I purchased this tricycle at an auction and know nothing about it. You can kind of see a logo on the side. Can someone please tell me the brand and possibly the year of this antique tricycle? Thanks


----------



## ridingtoy (Mar 17, 2012)

Definitely a mid to late 1930s model. Could be either a Junior Toy or Murray Steelcraft. I'll have to do some collector book looking a little later to see if I can find the make/model. Would look terrific all fixed up.

Dave


----------



## andrewandrewz (Mar 21, 2012)

*Thanks*

Thanks a lot Dave. I really appreciate the info and if you can locate more information on this model, I would surely appreciate it. What do you think it is worth in its current condition?


----------



## Chaz (Mar 23, 2012)

By the looks of the seat and the handlebar clamp, I'm bettin' its a Steelcraft. By the styling I'm guessing 1940's


----------



## ridingtoy (Mar 23, 2012)

As for value, that's a tough question to answer.
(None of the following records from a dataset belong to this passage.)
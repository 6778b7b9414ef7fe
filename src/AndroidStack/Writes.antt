-- ===== src/AndroidStack/Writes.antt =====
-- What is written to the backend of a stream.
use medium.Common.{
  ℕ, zero, suc, ◌≤◌, ◌≡◌, refl, sym, ap, ◌∙◌, subst, inl, inr, Bool, true, false, List, [], ◌∷◌,
  ◌++◌, arith, Option, none, some, Bytes, bytes_eq_refl, take, drop, take-append-drop, All, ◌==◌,
  Bool-cases, Map, has, map_get, map_get-map_insert, map_get-map_remove,
}
use mathlib.Core.List.{append_assoc, append-nil}
use medium.AndroidStack.Backends.{
  Wrote, wrote, would_block, interrupted, failed, ActiveBackend, StreamBackends, Flushed,
  flush_pending_to_writer, left_pending, flush_stream, flush_pending_backend, or_empty, queued,
  queue_backend_write,
}

-- A write takes no more than it is given.
abbrev pub IsWrite : Wrote → Type 0
IsWrite (wrote n) = n ≤ 8192
IsWrite would_block = Unit
IsWrite interrupted = Unit
IsWrite failed = Unit

take-take : {A : Type 0} (n m : ℕ) (xs : List A) → n ≤ m → take n (take m xs) ≡ take n xs
take-take zero m xs h = refl
take-take (suc n) zero xs h = let impossible : ⊥ = omega (arith, h) in elim impossible [ ]
take-take (suc n) (suc m) [] h = refl
take-take (suc n) (suc m) (x ∷ xs) h = ap (λ l. x ∷ l) (take-take n m xs (omega (arith, h)))

-- What was sent and what is pending make up the same bytes, and the writes that are left are writes.
abbrev pub Kept : Bytes → Flushed → Type 0
Kept all f = (f.sent ++ f.pending ≡ all) × All IsWrite f.writes

flush-Kept :
    (ws : List Wrote) (sent pending : Bytes)
    → All IsWrite ws
    → Kept (sent ++ pending) (flush_pending_to_writer ws sent pending)
unfolding flush_pending_to_writer
flush-Kept [] sent pending h = (refl, tt)
flush-Kept (w ∷ ws) sent [] h = (refl, h)
flush-Kept (wrote n ∷ ws) sent (b ∷ pending) h = elim (Bool-cases (n == 0)) [
  | inl e ↦ rw e (refl, h.1)
  | inr e ↦
      let whole : (sent ++ take n (take 8192 (b ∷ pending))) ++ drop n (b ∷ pending)
          ≡ sent ++ b ∷ pending =
        append_assoc sent (take n (take 8192 (b ∷ pending))) (drop n (b ∷ pending))
        ∙ ap (λ l. sent ++ (l ++ drop n (b ∷ pending))) (take-take n 8192 (b ∷ pending) h.0)
        ∙ ap (λ l. sent ++ l) (take-append-drop n (b ∷ pending)) in
      rw e (
        subst
          (λ all. Kept all (
            flush_pending_to_writer ws (sent ++ take n (take 8192 (b ∷ pending)))
              (drop n (b ∷ pending))))
          whole
          (flush-Kept ws (sent ++ take n (take 8192 (b ∷ pending))) (drop n (b ∷ pending)) h.1))
]
flush-Kept (would_block ∷ ws) sent (b ∷ pending) h = (refl, h.1)
flush-Kept (interrupted ∷ ws) sent (b ∷ pending) h = flush-Kept ws sent (b ∷ pending) h.1
flush-Kept (failed ∷ ws) sent (b ∷ pending) h = (refl, h.1)

-- The stream has a backend, and these are all the bytes that it has been given.
abbrev pub Given : Bytes → Bytes → StreamBackends → Type 0
Given id all s =
    (b : ActiveBackend) × (map_get id s.streams ≡ some b)
    × (b.sent ++ or_empty (map_get id s.pending_writes) ≡ all)
    × All IsWrite b.writes

left-pending :
    (id : Bytes) (fine : Bool) (pending : Bytes) (m : Map Bytes)
    → or_empty (map_get id (left_pending id fine pending m)) ≡ pending
left-pending id true [] m = rw (map_get-map_remove id id m, bytes_eq_refl id) refl
left-pending id true (b ∷ pending) m =
    rw (map_get-map_insert id id (b ∷ pending) m, bytes_eq_refl id) refl
left-pending id false pending m = rw (map_get-map_insert id id pending m, bytes_eq_refl id) refl

flush_stream-Given :
    (id all : Bytes) (b : ActiveBackend) (o : Option Bytes) (s : StreamBackends)
    → map_get id s.streams ≡ some b
    → map_get id s.pending_writes ≡ o
    → b.sent ++ or_empty o ≡ all
    → All IsWrite b.writes
    → Given id all (flush_stream id (some b) o s).1
flush_stream-Given id all b none s e f g h = (b, e, ap (λ p. b.sent ++ or_empty p) f ∙ g, h)
flush_stream-Given id all b (some pending) s e f g h =
    let k = flush-Kept b.writes b.sent pending h in
    let done = flush_pending_to_writer b.writes b.sent pending in
    (
      record b { sent = done.sent; writes = done.writes },
      map_get-map_insert id id _ s.streams ∙ rw (bytes_eq_refl id) refl,
      ap (λ l. done.sent ++ l) (left-pending id done.fine done.pending s.pending_writes) ∙ k.0 ∙ g,
      k.1,
    )

flush_pending_backend-Given :
    (id all : Bytes) (s : StreamBackends)
    → Given id all s
    → Given id all (flush_pending_backend id s).1
unfolding flush_pending_backend
flush_pending_backend-Given id all s (b, e, g, h) =
    rw e (flush_stream-Given id all b (map_get id s.pending_writes) s e refl g h)

queue_backend_write-Given :
    (id all bytes : Bytes) (s : StreamBackends)
    → Given id all s
    → Given id (all ++ bytes) (queue_backend_write id bytes s).1
unfolding queue_backend_write
queue_backend_write-Given id all bytes s (b, e, g, h) =
    let there : has (map_get id s.streams) ≡ true = rw e refl in
    let pending : map_get id (queued id bytes s).pending_writes
        ≡ some (or_empty (map_get id s.pending_writes) ++ bytes) =
      map_get-map_insert id id _ s.pending_writes ∙ rw (bytes_eq_refl id) refl in
    rw there (
      flush_pending_backend-Given id (all ++ bytes) (queued id bytes s) (
        b,
        e,
        ap (λ p. b.sent ++ or_empty p) pending
            ∙ sym (append_assoc b.sent (or_empty (map_get id s.pending_writes)) bytes)
            ∙ ap (λ l. l ++ bytes) g,
        h,
      ))

-- Bytes that come for a stream, or a turn of `pump_writes` for it.
pub data Feed : Type 0 where
  bytes_for : Bytes → Feed
  flush : Feed

unfoldable pub feed : Bytes → List Feed → StreamBackends → StreamBackends
feed id [] s = s
feed id (bytes_for bytes ∷ feeds) s = feed id feeds (queue_backend_write id bytes s).1
feed id (flush ∷ feeds) s = feed id feeds (flush_pending_backend id s).1

abbrev pub fed : List Feed → Bytes
fed [] = []
fed (bytes_for bytes ∷ feeds) = bytes ++ fed feeds
fed (flush ∷ feeds) = fed feeds

-- However the bytes for a stream and the flushes take turns, and however many bytes each write takes or whether it fails: what
-- was sent to the backend of the stream and what is pending for it after that are, in order, what was
-- before and the bytes that came.
pub feed-Given :
    (id all : Bytes) (feeds : List Feed) (s : StreamBackends)
    → Given id all s
    → Given id (all ++ fed feeds) (feed id feeds s)
unfolding feed
feed-Given id all [] s g = rw (append-nil all) g
feed-Given id all (bytes_for bytes ∷ feeds) s g =
    subst (λ l. Given id l (feed id feeds (queue_backend_write id bytes s).1))
      (append_assoc all bytes (fed feeds))
      (feed-Given id (all ++ bytes) feeds (queue_backend_write id bytes s).1
        (queue_backend_write-Given id all bytes s g))
feed-Given id all (flush ∷ feeds) s g =
    feed-Given id all feeds (flush_pending_backend id s).1 (flush_pending_backend-Given id all s g)
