-- ===== src/AndroidStack/Examples.antt =====
-- The theorems about the backends at a concrete input, and tests.
use medium.Common.{
  ◌≡◌, refl, [], ◌∷◌, ◌++◌, arith, none, some, Bytes, List, codes, bytes_eq, ok, Map, map_get,
  map_remove, Result,
}
use medium.ControlPlane.Grants.{SessionOpenGrant}
use medium.AndroidStack.Backends.{
  Wrote, wrote, ActiveBackend, BackendRoute, session_grant, BackendConnectOutcome, StreamBackends,
  TcpPumpEvent, connected, received, closed, new_backends, flush_pending_to_writer,
  flush_pending_backend, queue_backend_write, idle_len, idle_push, idle_pop, connect_backend,
  take_or_connect_backend, ensure_idle_backend, warm_up_all, warm_up, remove_stream,
}
use medium.AndroidStack.Events.{
  run_turns, html_escape, handle_event, open_backend, handle_events, turn, pump_writes, pump_reads,
  flush_all, close_all, read_streams, read_stream,
}
use medium.AndroidStack.Consistency.{IsConsistent}
use medium.AndroidStack.Runs.{run_turns-IsConsistent}
use medium.AndroidStack.Writes.{Feed, bytes_for, flush, feed, fed, Given, feed-Given}

abbrev grant : SessionOpenGrant
grant = record {
  session_id = [];
  service_id = [];
  node_id = [];
  relay_hint = none;
  authorization = record { token = []; expires_at = 0; candidates = []; ice = none };
}

abbrev backend : ActiveBackend
backend = record { sent = []; writes = wrote 1 ∷ Wrote.would_block ∷ wrote 2 ∷ []; reads = [] }

abbrev connects : List (Result Bytes BackendConnectOutcome)
connects =
    ok (record { backend = backend; selected_ice_path = none })
    ∷ ok (record { backend = backend; selected_ice_path = none })
    ∷ []

abbrev routes : Map BackendRoute
routes = (5 ∷ [], session_grant grant none) ∷ []

abbrev turns : List (List TcpPumpEvent)
turns =
    (connected (1 ∷ []) (5 ∷ []) ∷ received (1 ∷ []) (7 ∷ 8 ∷ 9 ∷ []) ∷ [])
    ∷ (closed (1 ∷ []) ∷ [])
    ∷ []

run_turns-IsConsistent_example :
    IsConsistent (run_turns turns (warm_up (new_backends routes connects)))
run_turns-IsConsistent_example = run_turns-IsConsistent routes connects turns

abbrev one_stream : StreamBackends
one_stream = record {
  routes = [];
  streams = (1 ∷ [], backend) ∷ [];
  stream_services = (1 ∷ [], 5 ∷ []) ∷ [];
  idle_backends = record { max_per_service = 1; backends = [] };
  pending_writes = [];
  selected_ice_paths = [];
  connects = [];
  calls = [];
}

found : map_get (1 ∷ []) one_stream.streams ≡ some backend
unfolding map_get bytes_eq
found = refl

nothing_pending : map_get (1 ∷ []) one_stream.pending_writes ≡ none
unfolding map_get
nothing_pending = refl

given : Given (1 ∷ []) [] one_stream
unfolding map_get bytes_eq
given = (backend, refl, refl, (omega arith, (tt, (omega arith, tt))))

abbrev feeds : List Feed
feeds = bytes_for (7 ∷ 8 ∷ 9 ∷ []) ∷ flush ∷ []

feed-Given_example : Given (1 ∷ []) ([] ++ fed feeds) (feed (1 ∷ []) feeds one_stream)
feed-Given_example = feed-Given (1 ∷ []) [] feeds one_stream given

sent_test :
    (feed (1 ∷ []) feeds one_stream).streams
    ≡ (1 ∷ [], record { sent = 7 ∷ 8 ∷ 9 ∷ []; writes = []; reads = [] }) ∷ []
unfolding feed queue_backend_write flush_pending_backend flush_pending_to_writer map_get map_remove
    bytes_eq
sent_test = refl

stream_test :
    (run_turns turns (warm_up (new_backends routes connects))).idle_backends.backends
    ≡ (5 ∷ [], backend ∷ []) ∷ []
unfolding run_turns turn handle_events handle_event open_backend take_or_connect_backend idle_pop
    idle_push idle_len connect_backend ensure_idle_backend warm_up_all warm_up new_backends
    remove_stream pump_writes pump_reads flush_all close_all read_streams read_stream
    queue_backend_write flush_pending_backend flush_pending_to_writer map_get map_remove bytes_eq
stream_test = refl

escape_test : html_escape (codes "a<b") ≡ codes "a&lt;b"
unfolding html_escape
escape_test = refl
I've seen this style trike in this condition go for as cheap as $100 to a few hundred dollars. For restoration purposes, it's complete except for needing new seat pads, grips, and tire rubber. The more streamlined looking the trike, usually the more it fetches in resale.

I'm also fairly sure this is a Murray Steelcraft.

Dave


----------



## andrewandrewz (Mar 24, 2012)

Thanks a lot Dave for your response and knowledge. I greatly appreciate it! I hope everything is well with you!!


----------